I am not very familiar with network economics. I would like to understand why do $H$ and $DC$ match the verbal descriptions of them, that is, why is the $ij$-th entry of $H$ the expected number of times $j$ hears something from $i$ and similarly for $DC$. A proof directly written in the answer, or a reference to any good material to study this will help.


Let me use capital letter $W$ instead of small letter $w$ (as $W$ is actually a matrix).

So, let $W$ be the matrix that contains in row $i$ and column $j$ the probability that $j$ hears from $i$. Then average number of pieces of information that $j$ gets from $i$ in one period is given by $W(i,j)$.

The average number of information that $j$ gets from $i$ that takes 2 periods to travel is the information that goes first from $i$ to some intermediate person $k$ and then from $k$ to $j$, via the path $i \to k \to j$. The amount of information transmitted through this path is $W(i,k) \cdot W(k,j)$. To see this, notice that $W(i,k)$ is the amount of info send to $k$ and of this a fraction $W(k,j)$ is sent forward to $j$. Now, this has to be summed over all intermediate nodes $k$ (i.e. all paths of length 2). so we get: $$ \sum_{k} W(i,k) \cdot W(k,j) = (W \times W)_{i,j} = (W^2)_{i,j} $$ Here $\times$ is matrix multiplication.
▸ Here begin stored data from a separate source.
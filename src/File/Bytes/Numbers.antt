-- ===== src/File/Bytes/Numbers.antt =====
-- The bytes of the headers' numbers (src/file.cpp).
use hit_database_exp3p2_cpp.Base.{ℕ, ◌+◌, ◌*◌, ◌/◌, ◌%◌, ◌^◌, ◌<◌, ◌≡◌, refl, arith, length}
use hit_database_exp3p2_cpp.Page.{PageHeader}
use hit_database_exp3p2_cpp.File.Stream.{FileHeader}
use hit_database_exp3p2_cpp.File.Bytes.{
  file_header_bytes, file_header_of, page_header_bytes, page_header_of,
}

-- Headers whose fields fit in their types.
pub record FileHeaderFits (h : FileHeader) : Type 0 where
  pub num_pages : h.num_pages < 2 ^ 32
  pub first_used_page : h.first_used_page < 2 ^ 32
  pub num_free_pages : h.num_free_pages < 2 ^ 32
  pub first_free_page : h.first_free_page < 2 ^ 32

pub record PageHeaderFits (h : PageHeader) : Type 0 where
  pub lower : h.free_space_lower_bound < 2 ^ 16
  pub upper : h.free_space_upper_bound < 2 ^ 16
  pub num_slots : h.num_slots < 2 ^ 16
  pub num_free_slots : h.num_free_slots < 2 ^ 16
  pub current_page_number : h.current_page_number < 2 ^ 32
  pub next_page_number : h.next_page_number < 2 ^ 32

number16-bytes16 : (v : ℕ) → v < 2 ^ 16 → v % 256 + 256 * (v / 256 % 256) ≡ v
number16-bytes16 v h = omega arith

number32-bytes32 :
    (v : ℕ)
    → v < 2 ^ 32
    → v % 256 + 256 * (v / 256 % 256) + 65536 * (v / 65536 % 256 + 256 * (v / 16777216 % 256)) ≡ v
number32-bytes32 v h = omega arith

pub file_header_of-file_header_bytes :
    (h : FileHeader) → FileHeaderFits h → file_header_of (file_header_bytes h) ≡ h
unfolding file_header_of file_header_bytes
file_header_of-file_header_bytes h fits = cc (
  number32-bytes32 h.num_pages fits.num_pages,
  number32-bytes32 h.first_used_page fits.first_used_page,
  number32-bytes32 h.num_free_pages fits.num_free_pages,
  number32-bytes32 h.first_free_page fits.first_free_page,
)

pub page_header_of-page_header_bytes :
    (h : PageHeader) → PageHeaderFits h → page_header_of (page_header_bytes h) ≡ h
unfolding page_header_of page_header_bytes
page_header_of-page_header_bytes h fits = cc (
  number16-bytes16 h.free_space_lower_bound fits.lower,
  number16-bytes16 h.free_space_upper_bound fits.upper,
  number16-bytes16 h.num_slots fits.num_slots,
  number16-bytes16 h.num_free_slots fits.num_free_slots,
  number32-bytes32 h.current_page_number fits.current_page_number,
  number32-bytes32 h.next_page_number fits.next_page_number,
)

pub length-file_header_bytes : (h : FileHeader) → length (file_header_bytes h) ≡ 16
unfolding file_header_bytes
length-file_header_bytes h = refl

pub length-page_header_bytes : (h : PageHeader) → length (page_header_bytes h) ≡ 16
unfolding page_header_bytes
length-page_header_bytes h = refl
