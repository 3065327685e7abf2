-- ===== src/Tests/Scorer.antt =====
-- include/risk/symbol_scorer.hpp on concrete inputs.
use tv_webhook_trader.Shared.{
  ◌≡◌, refl, true, List, [], ◌∷◌, codes, select, has_text, ℤ, pos, negsuc,
}
use mathlib.Core.Option
use tv_webhook_trader.Shared.Double.{whole, whole-IsStrict}
use tv_webhook_trader.Execution.Trades.{TradeRecord}
use tv_webhook_trader.Risk.Scorer.{
  ScorerConfig, SymbolScorer, compute_context_key, get_context_score, get_best_score, get_score,
}
use tv_webhook_trader.Risk.Scorer.Scoring.{score_symbol, rescore_all}
use tv_webhook_trader.Risk.Scorer.Recording.{record_realized_trade}
use tv_webhook_trader.Risk.Scorer.Calls.{Call, context, realized, rescore, answer_all, own_trades}
use tv_webhook_trader.Risk.Scorer.Contexts.{
  IsKeptAt, decision_of, answer_all-get_context_score, record_realized_trade-get_best_score,
}
use tv_webhook_trader.Risk.Scorer.Rescore.{if_any, rescore_all-get_score}
use tv_webhook_trader.Risk.Scorer.Figures.{IsAccount, score_symbol-IsAccount}
use tv_webhook_trader.Tests.Execution.{trade}

abbrev config : ScorerConfig ℤ
config = record {
  enabled = true;
  min_trades = pos 20;
  rescore_hours = pos 6;
  w_expectancy = pos 1;
  w_pf = pos 0;
  w_wr = pos 0;
  w_con = pos 0;
  w_fq = pos 0;
  th_s = pos 75;
  th_a = pos 60;
  th_b = pos 45;
  th_c = pos 30;
  th_d = pos 15;
  size_mult = (codes "C", pos 1) ∷ [];
  max_lev = (codes "C", pos 10) ∷ [];
  rev_min_trades = pos 3;
  rev_allow_wr = pos 0;
  rev_bonus_wr = pos 1;
  rev_penalty_zero = negsuc 14;
  rev_penalty_low = negsuc 9;
  rev_bonus = pos 5;
}

abbrev pub scorer : SymbolScorer ℤ
scorer = record {
  config = config;
  scores = [];
  context_scores = [];
  realized_accumulators = [];
  last_rescore = 0;
}

abbrev trades : List (TradeRecord ℤ)
trades = trade (pos 7) ∷ trade (negsuc 2) ∷ []

abbrev calls : List (Call ℤ)
calls =
    context (codes "now") (record {
      symbol = codes "BTCUSDT";
      timeframe = codes "60";
      direction = codes "long";
      pnl = pos 7;
      is_win = true;
    })
    ∷ realized (codes "BTCUSDT") (codes "60") (codes "long") (pos 9) (pos 2) (pos 1)
    ∷ rescore 1 (codes "now") trades
    ∷ []

answer_all-get_context_score_example :
    IsKeptAt config
      (own_trades (compute_context_key (codes "BTCUSDT") (codes "60") (codes "long")) [] calls)
      (get_context_score (codes "BTCUSDT") (codes "60") (codes "long") (answer_all calls scorer))
answer_all-get_context_score_example =
    answer_all-get_context_score whole-IsStrict calls scorer (codes "BTCUSDT") (codes "60")
      (codes "long") refl

record_realized_trade-get_best_score_example :
    let s = answer_all calls scorer in
    Option.map decision_of (
      get_best_score (codes "BTCUSDT") (codes "60") (codes "long") (
        record_realized_trade
          (codes "BTCUSDT")
          (codes "60")
          (codes "long")
          (pos 9)
          (pos 2)
          (pos 1)
          s))
    ≡ Option.map decision_of (get_best_score (codes "BTCUSDT") (codes "60") (codes "long") s)
record_realized_trade-get_best_score_example =
    record_realized_trade-get_best_score (codes "BTCUSDT") (codes "60") (codes "long") (pos 9)
      (pos 2) (pos 1) (answer_all calls scorer) (codes "BTCUSDT") (codes "60") (codes "long")

rescore_all-get_score_example :
    get_score (codes "BTCUSDT") (rescore_all 1 (codes "now") trades scorer)
    ≡ Option.map
        (λ own. score_symbol config (codes "now") (codes "BTCUSDT") own 0)
        (if_any (select (has_text (λ t. t.symbol) (codes "BTCUSDT")) trades))
rescore_all-get_score_example =
    rescore_all-get_score 1 (codes "now") trades scorer (codes "BTCUSDT") refl refl

score_symbol-IsAccount_example :
    IsAccount config trades (score_symbol config (codes "now") (codes "BTCUSDT") trades 0)
score_symbol-IsAccount_example =
    score_symbol-IsAccount whole-IsStrict config (codes "now") (codes "BTCUSDT") trades 0
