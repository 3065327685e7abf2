-- ===== src/Tests/Sizing.antt =====
-- include/risk/position_sizer.hpp on concrete inputs.
use tv_webhook_trader.Shared.{
  ◌≡◌, refl, ◌⊎◌, true, [], ◌∷◌, none, ℤ, pos, leb_ℤ, ltb_ℤ, List, ◌+ℤ◌, ◌-ℤ◌, ◌*ℤ◌,
}
use tv_webhook_trader.Shared.Double.{whole, whole-IsExact, min_of, max_of}
use tv_webhook_trader.Risk.PositionSizer.{
  PositionSizer, SizeRequest, calc_size, multiplier_at, sized, final_usdt, final_mult, base_size,
  risk_size, available, stop_distance,
}
use tv_webhook_trader.Risk.PositionSizer.Limits.{IsRefused, IsSized, calc_size_lem, IsFalling}

abbrev levels : List (ℤ × ℤ)
levels = (pos 10, pos 3) ∷ (pos 20, pos 2) ∷ (pos 30, pos 1) ∷ []

abbrev pub sizer : PositionSizer ℤ
sizer = record {
  kelly_frac = pos 1;
  max_risk_pct = pos 1;
  min_usdt = pos 5;
  max_pct = pos 1;
  base_pct = pos 1;
  max_usdt_hard = pos 100;
  dd_levels = levels;
}

abbrev request : SizeRequest ℤ
request = record {
  balance = pos 1000;
  price = pos 10;
  sl_price = pos 0;
  leverage = pos 20;
  score = none;
  current_dd_pct = pos 4;
  used_margin = pos 200;
  confidence_boost = pos 1;
}

calc_size_example :
    IsRefused (calc_size sizer request) ⊎ IsSized sizer request (calc_size sizer request)
calc_size_example = calc_size_lem whole-IsExact sizer request

levels_fall : IsFalling (pos 4) levels
unfolding leb_ℤ
levels_fall = (refl, (refl, (refl, refl)))

deeper : leb_ℤ (pos 7) (pos 25) ≡ true
unfolding leb_ℤ
deeper = refl

-- A request that is met: the size is the hard cap.
sized_amount : (calc_size sizer request).usdt_amount ≡ pos 100
unfolding calc_size sized final_usdt final_mult base_size risk_size available stop_distance
    multiplier_at min_of max_of ltb_ℤ leb_ℤ ◌+ℤ◌ ◌-ℤ◌ ◌*ℤ◌
sized_amount = refl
Let's now look at the information that takes 3 periods. This is the information that goes from $i$ to some intermediate $k$ then from $k$ to some intermediate $\ell$ and finally to $j$, so the path $i \to k \to \ell \to j$. The amount of information on this path is $W(i,k) \cdot W(k,\ell) \cdot W(\ell, j)$. If we sum over all these paths of length 3, we get: $$ \sum_k \sum_\ell W(i,k) \cdot W(k,\ell) \cdot W(\ell, j) = (W \times W \times W)_{i,j} = (W^3)_{i,j}. $$ If we continue, then we can generalize this to any path of length $T$. The information sent from $i$ to $j$ through all such paths is given by: $$ (W \times W \times \ldots W)_{i,j} = (W^T)_{i,j}. $$

Now if info goes from $i$ to $j$ either takes 1 period, 2 periods, 3 periods, ... $T$ periods to travel. As such, to compute the total expected pieces of info that $j$ receives from $i$ in $T$ periods is given by the sum over all these periods: $$ H(W, T) = \sum_{t = 1}^T (W^t)_{i,j}. $$ Now the total amount of info sent from $i$ and heard by someone can be obtained by taking the sum over all recipients $j$. $$ DC(W,T) = \sum_{j} (H(W,T))_{i,j} = (H(W,T)\times 1)_{i,j} $$ This amounts to adding up the rows of the matrix $H(W,T)$.

An example

Let's take the example of three individuals $1,2$ and $3$. Assume that $W$ is given by: $$ W = \begin{bmatrix} 0 & 0.3 & 0.2\\ 0.2 & 0 & 0.6\\ 0 & 0.4 & 0\end{bmatrix} $$ This implies that (for example) the probability that 2 hears from 1 in one period equals 0.3.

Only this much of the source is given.